Your MySQL connection id is 16893 to server version: 5.0.9-beta
Type 'help;' or '\h' for help. Type '\c' to clear the buffer.
mysql> grant all privileges on wp_craeton.* to 'wp_craeton'@'localhost' identified by '[secret]';
Query OK, 0 rows affected (0.06 sec)
mysql> flush privileges;
Query OK, 0 rows affected (0.03 sec)
Too easy.
Now I’m ready to install WordPress into this folder. There’s a port in /usr/ports/www/wordpress, but PHP apps like WordPress are so easy to get running I’d rather grab the latest bits from wordpress.org so I have control over the install.
I’ll download the latest directly on bonzo via my trusty SSH session.
$ wget http://wordpress.org/latest.tar.gz
$ tar xzf latest.tar.gz
$ ls
index.html latest.tar.gz wordpress
So, it extracted into a ‘wordpress’ folder. I don’t want that; I want the WordPress stuff immediately under the creaton.com/ folder. Easy enough:
mv wordpress/* .
Looking at the readme.html included in the tarball, there is a ‘Famous Five-minute Install’:
- Unzip the package in an empty directory
- Open up
wp-config-sample.phpwith a text editor like WordPad or similar and fill in your database connection details- Save the file as
wp-config.php- Upload everything.
- Open
/wp-admin/install.phpin your browser. This should setup the tables needed for your blog. If there is an error, double check yourwp-config.phpfile, and try again. If it fails again, please go to the support forums with as much data as you can gather.- Note the password given to you.
- The install script should then send you to the login page. Sign in with the username admin and the password generated during the installation. You can then click on ‘Profile’ to change the password.
Ok, item 1 is done. I’ll copy wp-config-sample.php to wp-config.php and put the DB connection info in it.
It was pretty easy; I just edited the DB info as it said:
<?php
// ** MySQL settings ** //
define('DB_NAME', 'wp_craeton'); // The name of the database
define('DB_USER', 'wp_craeton'); // Your MySQL username
define('DB_PASSWORD', '[secret]'); // ...and password
define('DB_HOST', 'localhost'); // 99% chance you won't need to change this value
// You can have multiple installations in one database if you give each a unique prefix
$table_prefix = 'wp_'; // Only numbers, letters, and underscores please!
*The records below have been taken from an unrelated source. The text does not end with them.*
-- ===== src/Backend/Reads/Counts.antt =====
-- What a client reads of a job: its counts and its status, against the stored results.
use manifeed.Common.{
  sym, length, filter, ℕ, ◌≤◌, ◌<◌, ltb, ◌==◌, if-cases, Bool-cases, map_option, ◌+◌, ◌≡◌, refl,
  ◌∙◌, Bool, true, false, ◌&&◌, ◌⊎◌, inl, inr, Option, none, some, List, [], ◌∷◌, String, arith,
  find, count, All-find, find-holds, if◌then◌else◌, eq_iff, str_eq, ok,
}
use manifeed.Db.{
  Database, ScrapeJob, ScrapeJobResult, ResultStatus, success, not_modified, JobStatus, queued,
  processing, completed, completed_with_errors, failed, is_job, is_result_of, is_error,
}
use manifeed.DbManager.Persist.{job_status, processed_count, error_count, is_error_of}
use manifeed.DbManager.Persist.Status.{IsCurrent, AreCurrent}
use mathlib.Core.Path.{subst}
use manifeed.Backend.Reads.{
  job_read, or_not_found, JobRead, get_rss_scrape_job_status_read, get_rss_scrape_job_status,
  is_status_success, is_status_not_modified,
}

one_status :
    (b : Bool) (s : ResultStatus)
    → (if b then 1 else 0)
      ≡ (if b && is_status_success s then 1 else 0)
        + (if b && is_status_not_modified s then 1 else 0)
        + (if b && is_error s then 1 else 0)
one_status false s = omega arith
one_status true success = omega arith
one_status true not_modified = omega arith
one_status true ResultStatus.error = omega arith

-- Every result has one of the three statuses.
counts_add :
    (id : String) (rs : List ScrapeJobResult)
    → count (is_result_of id) rs
      ≡ count (λ r. str_eq r.job_id id && is_status_success r.status) rs
        + count (λ r. str_eq r.job_id id && is_status_not_modified r.status) rs
        + count (is_error_of id) rs
counts_add id [] = omega arith
counts_add id (r ∷ rs) = omega (arith, one_status (str_eq r.job_id id) r.status, counts_add id rs)

abbrev pub same_status : ResultStatus → ResultStatus → Bool
same_status success success = true
same_status not_modified not_modified = true
same_status ResultStatus.error ResultStatus.error = true
same_status success not_modified = false
same_status success ResultStatus.error = false
same_status not_modified success = false
same_status not_modified ResultStatus.error = false
same_status ResultStatus.error success = false
same_status ResultStatus.error not_modified = false

abbrev pub has_status : ResultStatus → ScrapeJobResult → Bool
has_status st r = same_status st r.status

-- The stored results of a job with a status.
abbrev pub results_with : String → ResultStatus → Database → List ScrapeJobResult
results_with id st db = filter (has_status st) (filter (λ r. str_eq r.job_id id) db.results)

-- What a client may conclude from a status, of a job with `n` feeds, of which `processed` have been
-- processed and `errors` with an error.
abbrev pub Means : JobStatus → ℕ → ℕ → ℕ → Type 0
Means queued n processed errors = (1 ≤ n) × (processed ≡ 0)
Means processing n processed errors = (1 ≤ processed) × (processed < n)
Means completed n processed errors = (n ≤ processed) × ((n ≡ 0) ⊎ (errors ≡ 0))
Means completed_with_errors n processed errors = (1 ≤ n) × (n ≤ processed) × (1 ≤ errors)
Means failed n processed errors = Unit

job_status-Means :
    (n processed errors : ℕ) → Means (job_status n processed errors) n processed errors
unfolding job_status
job_status-Means n processed errors =
    if-cases (λ st. Means st n processed errors) (n == 0) _ _
      (λ none. (ground arith, inl (ground arith)))
      (λ some.
        if-cases (λ st. Means st n processed errors) (processed == 0) _ _
          (λ waiting. (ground arith, ground arith))
          (λ begun.
            if-cases (λ st. Means st n processed errors) (ltb processed n) _ _
              (λ busy. (ground arith, ground arith))
              (λ over.
                if-cases (λ st. Means st n processed errors) (ltb 0 errors) _ _
                  (λ bad. (ground arith, ground arith, ground arith))
                  (λ good. (ground arith, inr (ground arith))))))

-- What a read of a job says.
pub record Agrees (id : String) (db : Database) (r : JobRead) : Type 0 where
  pub same_job : r.job.job_id ≡ id
  pub successes : r.feeds_success ≡ length (results_with id success db)
  pub not_modifieds : r.feeds_not_modified ≡ length (results_with id not_modified db)
  pub errors : r.feeds_error ≡ length (results_with id ResultStatus.error db)
  pub add_up : r.feeds_processed ≡ r.feeds_success + r.feeds_not_modified + r.feeds_error
  pub status : Means r.job.status r.job.feed_count r.feeds_processed r.feeds_error

counted :
    (id : String) (p : ResultStatus → Bool) (st : ResultStatus) (rs : List ScrapeJobResult)
    → ((s : ResultStatus) → p s ≡ same_status st s)
    → count (λ r. str_eq r.job_id id && p r.status) rs
      ≡ length (filter (has_status st) (filter (λ r. str_eq r.job_id id) rs))
counted id p st [] e = refl
counted id p st (r ∷ rs) e = elim (Bool-cases (str_eq r.job_id id)) [
  | inl same ↦ rw (same, e r.status) (ground (arith, counted id p st rs e))
  | inr other ↦ rw other (ground (arith, counted id p st rs e))
]

is_status_success-same : (s : ResultStatus) → is_status_success s ≡ same_status success s
is_status_success-same success = refl
is_status_success-same not_modified = refl
is_status_success-same ResultStatus.error = refl

is_status_not_modified-same :
    (s : ResultStatus) → is_status_not_modified s ≡ same_status not_modified s
is_status_not_modified-same success = refl
is_status_not_modified-same not_modified = refl
is_status_not_modified-same ResultStatus.error = refl

is_error-same : (s : ResultStatus) → is_error s ≡ same_status ResultStatus.error s
is_error-same success = refl
is_error-same not_modified = refl
is_error-same ResultStatus.error = refl

current-Means :
    (id : String) (rs : List ScrapeJobResult) (job : ScrapeJob)
    → job.job_id ≡ id
    → IsCurrent rs job
    → Means job.status job.feed_count (processed_count id rs) (error_count id rs)
current-Means id rs job e (inl c) =
    let n = processed_count id rs in
    let m = error_count id rs in
    subst (λ st. Means st job.feed_count n m)
      (sym (c ∙ (λ i. job_status job.feed_count (processed_count (e i) rs) (error_count (e i) rs))))
      (job_status-Means job.feed_count n m)
current-Means id rs job e (inr f) =
    subst (λ st. Means st job.feed_count (processed_count id rs) (error_count id rs)) (sym f) tt

job_read-Agrees :
    (id : String) (db : Database) (job : ScrapeJob)
    → AreCurrent db
    → find (is_job id) db.jobs ≡ some job
    → Agrees id db (job_read id db job)
job_read-Agrees id db job h e =
    let same = (eq_iff job.job_id id).0 (find-holds (is_job id) db.jobs {a = job} e) in
    record {
      same_job = same;
      successes = counted id is_status_success success db.results is_status_success-same;
      not_modifieds =
          counted id is_status_not_modified not_modified db.results is_status_not_modified-same;
      errors = counted id is_error ResultStatus.error db.results is_error-same;
      add_up = counts_add id db.results;
      status =
          current-Means id db.results job same
            (All-find (IsCurrent db.results) (is_job id) db.jobs {a = job} h.statuses e);
    }

-- Where the statuses of the jobs are current, the answer for a job is about that job; its counts are
-- the numbers of the stored results of the job with each status, which add up to the count of
-- processed feeds; and a client may rely on its status: a queued job has feeds and none is processed,
-- of a job that is processing some are and some are not, of a completed one all are without an
-- error, and of one that is completed with errors all are and there was an error.
pub get_status-Agrees :
    (id : String) (db : Database) (r : JobRead)
    → AreCurrent db
    → get_rss_scrape_job_status id db ≡ ok r
    → Agrees id db r
unfolding get_rss_scrape_job_status get_rss_scrape_job_status_read
get_status-Agrees id db r h e = go (find (is_job id) db.jobs) refl e
  where
    go :
        (o : Option ScrapeJob)
        → find (is_job id) db.jobs ≡ o
        → or_not_found (map_option (job_read id db) o) ≡ ok r
        → Agrees id db r
    go none found k = cc
    go (some job) found k = subst (Agrees id db) (ground arith) (job_read-Agrees id db job h found)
// Change this to localize WordPress. A corresponding MO file for the
// chosen language must be installed to wp-includes/languages.
// For example, install de.mo to wp-includes/languages and set WPLANG to 'de'
// to enable German language support.
define ('WPLANG', '');
/* That's all, stop editing! Happy blogging. */
define('ABSPATH', dirname(__FILE__).'/');
require_once(ABSPATH.'wp-settings.php');
?>
Step 3 is equivalent to the copy to wp-config.php and thus doesn’t apply.
Step 4 is not applicable either, since I’m doing all this directly on bonzo via SSH.
In step 5, I navigate to the craeton.com/wp-admin/install.php. I get a splash screen and a ‘First Step’ link, which I click.
The first step in this install process prompts for a blog title and an email address. I’ll provide it and move on.
In the next screen it pauses to create the database tables, then generates a temporary password for the admin user. I’m admonished to not forget it, and given a link to the login page. I’ll go there now.
Logging in w/ the admin account and random password, I get a clean, simple admin GUI. I’ll change the password to something memorable, and declare victory. Too easy!